By Allen Essex
Valley Morning Star
September 10, 2002
In the wake of Sept. 11, many Rio Grande Valley Muslims worried that they would become targets of hatred and reprisals because the accused hijackers in the attacks were reported to share their faith.
Except for a handful of isolated incidents, that backlash never materialized in South Texas. Instead, the past year has offered the Valley's Islamic community opportunities to promote understanding of its faith.
"Actually, we had very good response and concern from Christians and other people in the Valley as soon as they heard this (Sept. 11) news," said Mohammed Farooqui, a Muslim who is professor and chairman of the University of Texas-Pan American biology department. "The faculty in my department actually contacted me to offer any kind of protection they could."
As president of the Islamic Society of South Texas, Farooqui found himself in a good position to gauge the Valley's sentiment toward Muslims in the wake of the terrorist attacks.
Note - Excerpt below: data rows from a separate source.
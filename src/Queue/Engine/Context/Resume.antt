-- ===== src/Queue/Engine/Context/Resume.antt =====
-- The steps of a task through `run_step` of core/queue/engine.py.
use nova_ai_agent.Prelude.{
  ℕ, ◌≡◌, ◌⊎◌, refl, String, true, cut, Option, none, some, arith, if◌then◌else◌, Bool-cases, inl,
  inr,
}
use nova_ai_agent.Json.{Fields}
use nova_ai_agent.Exec.{
  Exc, task_cancelled, task_paused, approval_pending, desktop_unavailable, key_error, Result, ok,
  err,
}
use nova_ai_agent.Db.{pending, done, failed, TaskStep, Task, Db, get_task, find_step}
use nova_ai_agent.Queue.Store.Steps.{
  update_step, completed_with, back_to_pending, failed_with, complete_step, reset_step, fail_step,
}
use nova_ai_agent.Queue.Store.Steps.Progress.{update_step_rows}
use nova_ai_agent.Permissions.Env.{Env}
use nova_ai_agent.Queue.Engine.Work.{Engine, Work, on_db, on_ctx}
use nova_ai_agent.Queue.Engine.Context.{
  StepFn, runs_again, step_raised, step_ended, run_body, is_done, run_step,
}

-- A step that the context knows as DONE gives the checkpoint it was completed with: its body does not
-- run, and nothing changes, whatever the other coroutines want.
pub run_step_done :
    (env : Env) (others : Engine → Engine) (seq : ℕ) (fn : StepFn) (w : Work) (s : TaskStep)
    → find_step seq w.ctx.steps ≡ some s
    → s.status ≡ done
    → run_step env others seq fn w ≡ (ok s.checkpoint, w)
unfolding run_step is_done
run_step_done env others seq fn w s f d = rw f (rw d refl)

-- A step number that the plan does not have is a KeyError, and nothing changes.
pub run_step_missing :
    (env : Env) (others : Engine → Engine) (seq : ℕ) (fn : StepFn) (w : Work)
    → find_step seq w.ctx.steps ≡ none
    → run_step env others seq fn w ≡ (err (key_error seq), w)
unfolding run_step is_done
run_step_missing env others seq fn w f = rw f

-- A step of a task, as the database has it.
unfoldable pub step_in : ℕ → ℕ → Db → Option TaskStep
step_in i q db = elim (get_task db i) [ none ↦ none | some t ↦ find_step q t.steps ]

update_step_in :
    (i q : ℕ) (change : TaskStep → TaskStep) (db : Db) (t : Task) (s : TaskStep)
    → get_task db i ≡ some t
    → find_step q t.steps ≡ some s
    → (change s).seq ≡ s.seq
    → ((update_step i q change db).0 ≡ ok tt)
      × (step_in i q (update_step i q change db).1 ≡ some (change s))
unfolding step_in
update_step_in i q change db t s e f k =
    let (new, run, rows, steps, _) = update_step_rows i q change db t s e f k in
    (run, ground (arith, rows i, steps q))

-- How a step's row stands after its body ended with `r`.
unfoldable pub marked : Env → ℕ → Result (Option Fields) → TaskStep → TaskStep
marked env now (ok result) s = completed_with now result s
marked env now (err e) s =
    if runs_again e then back_to_pending s else failed_with now (env.describe e) s

step_ended_marks :
    (env : Env) (i q : ℕ) (r : Result (Option Fields)) (w : Work) (t : Task) (s : TaskStep)
    → get_task w.engine.db i ≡ some t
    → find_step q t.steps ≡ some s
    → ((step_ended env i q r w).0 ≡ r)
      × (step_in i q (step_ended env i q r w).1.engine.db ≡ some (marked env w.engine.db.clock r s))
unfolding step_ended step_raised marked on_db on_ctx complete_step reset_step fail_step
step_ended_marks env i q (ok result) w t s e f =
    let (run, row) =
      update_step_in i q (completed_with w.engine.db.clock result) w.engine.db t s e f refl in
    (ground arith, ground arith)
step_ended_marks env i q (err x) w t s e f =
    let (run, row) = update_step_in i q back_to_pending w.engine.db t s e f refl in
    let text = env.describe x in
    let (run', row') =
      update_step_in i q (failed_with w.engine.db.clock text) w.engine.db t s e f refl in
    elim (Bool-cases (runs_again x)) [
      | inl c ↦ (ground arith, ground arith)
      | inr c ↦ (ground arith, ground arith)
    ]

-- The exceptions after which a step runs again later: the task was cancelled or paused, an approval is
-- awaited, or there is no desktop.
abbrev pub RunsAgain : Exc → Type 0
RunsAgain x =
    (x ≡ task_cancelled)
    ⊎ (x ≡ task_paused)
    ⊎ ((i : ℕ) × (x ≡ approval_pending i))
    ⊎ ((reason : String) × (x ≡ desktop_unavailable reason))

-- How a step's row stands after its body ended with `r` at `now`; its other columns stay.
pub data Marked (env : Env) (now : ℕ) (s : TaskStep)
    : Result (Option Fields) → TaskStep → Type 0 where
  completed :
      (result : Option Fields)
      → Marked env now s
          (ok result)
          (record s { status = done; checkpoint = result; finished_at = some now })
  again :
      (x : Exc)
      → RunsAgain x
      → Marked env now s (err x) (record s { status = pending; started_at = none })
  broken :
      (x : Exc)
      → (RunsAgain x → ⊥)
      → Marked env now s (err x) (record s {
        status = failed;
        error = some (cut 2000 (env.describe x));
        finished_at = some now;
      })

runs_again-RunsAgain : (x : Exc) → runs_again x ≡ true → RunsAgain x
unfolding runs_again
runs_again-RunsAgain task_cancelled h = inl refl
runs_again-RunsAgain task_paused h = inr (inl refl)
runs_again-RunsAgain (approval_pending i) h = inr (inr (inl (i, refl)))
runs_again-RunsAgain (desktop_unavailable reason) h = inr (inr (inr (reason, refl)))
runs_again-RunsAgain _ h = cc

RunsAgain-runs_again : (x : Exc) → RunsAgain x → runs_again x ≡ true
unfolding runs_again
RunsAgain-runs_again x (inl e) = rw e refl
RunsAgain-runs_again x (inr (inl e)) = rw e refl
RunsAgain-runs_again x (inr (inr (inl (i, e)))) = rw e refl
RunsAgain-runs_again x (inr (inr (inr (reason, e)))) = rw e refl

marked-Marked :
    (env : Env) (now : ℕ) (r : Result (Option Fields)) (s : TaskStep)
    → Marked env now s r (marked env now r s)
unfolding marked
marked-Marked env now (ok result) s = completed result
marked-Marked env now (err x) s = elim (Bool-cases (runs_again x)) [
  | inl c ↦ rw c (again x (runs_again-RunsAgain x c))
  | inr c ↦ rw c (broken x (λ k. let bad = RunsAgain-runs_again x k in cc))
]

-- `run_body`, the part of `run_step` that calls the step's function, returns or raises what the function
-- does. The step's row then tells the same: DONE with exactly the checkpoint that was returned; PENDING
-- again after a cancellation, a pause, a wish for an approval or a missing desktop; and FAILED with the
-- error's text, cut at 2000 characters, after any other exception. Asked is that the function has left
-- the task its step.
pub run_body_marks :
    (env : Env) (i q : ℕ) (fn : StepFn) (p : Option Fields) (w : Work) (t : Task) (s : TaskStep)
    → get_task (fn p w).1.engine.db i ≡ some t
    → find_step q t.steps ≡ some s
    → ((run_body env i q fn p w).0 ≡ (fn p w).0)
      × ((s' : TaskStep) × (step_in i q (run_body env i q fn p w).1.engine.db ≡ some s')
          × Marked env (fn p w).1.engine.db.clock s (fn p w).0 s')
unfolding run_body
run_body_marks env i q fn p w t s e f =
    let (run, row) = step_ended_marks env i q (fn p w).0 (fn p w).1 t s e f in
    (run, (_, row, marked-Marked env (fn p w).1.engine.db.clock (fn p w).0 s))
He visited numerous churches and civic groups across the Valley to talk about Islam.
"There were about 30 presentations I did on Islam and (audiences) were very positive," he said. "They wanted to learn about Islam and the kind of backlashes people had up north."
Farooqui said Valley Muslims did not experience the level of negative and sometimes violent reactions reported elsewhere in America.
"There were a couple of incidents (in the Valley) that were isolated, no more than that," he said.
While Valley Muslims tend to feel more secure here than they might in big cities, the year following the terrorist attacks has not passed without concerns.
"We are being broadly labeled," said Alim Ansari, a Muslim from Pakistan who is superintendent of Tech Ed Charter High School in Weslaco. "The 1.3 billion Muslims living in the United States are often blamed for the crimes of a few terrorists.
"It's been happening for some time. If only one person does something, the media is going for the whole religion."
Most Valley Muslims are educated professionals, Ansari said. "The majority of them … are either medical doctors or university or college professors."
Ansari credits his children's teachers for helping educate others about Islam and protect his offspring against abuse from other children. He also said there has been a general increase in learning about the teachings of Islam.
"The educated class of the United States, they are reading more about it," he said, and that they are discovering that the religion does not promote violence.
"The Almighty has never given us the right to harm anybody, and we are accountable for it," Ansari said. "We have no right to take the life of anybody under any circumstances."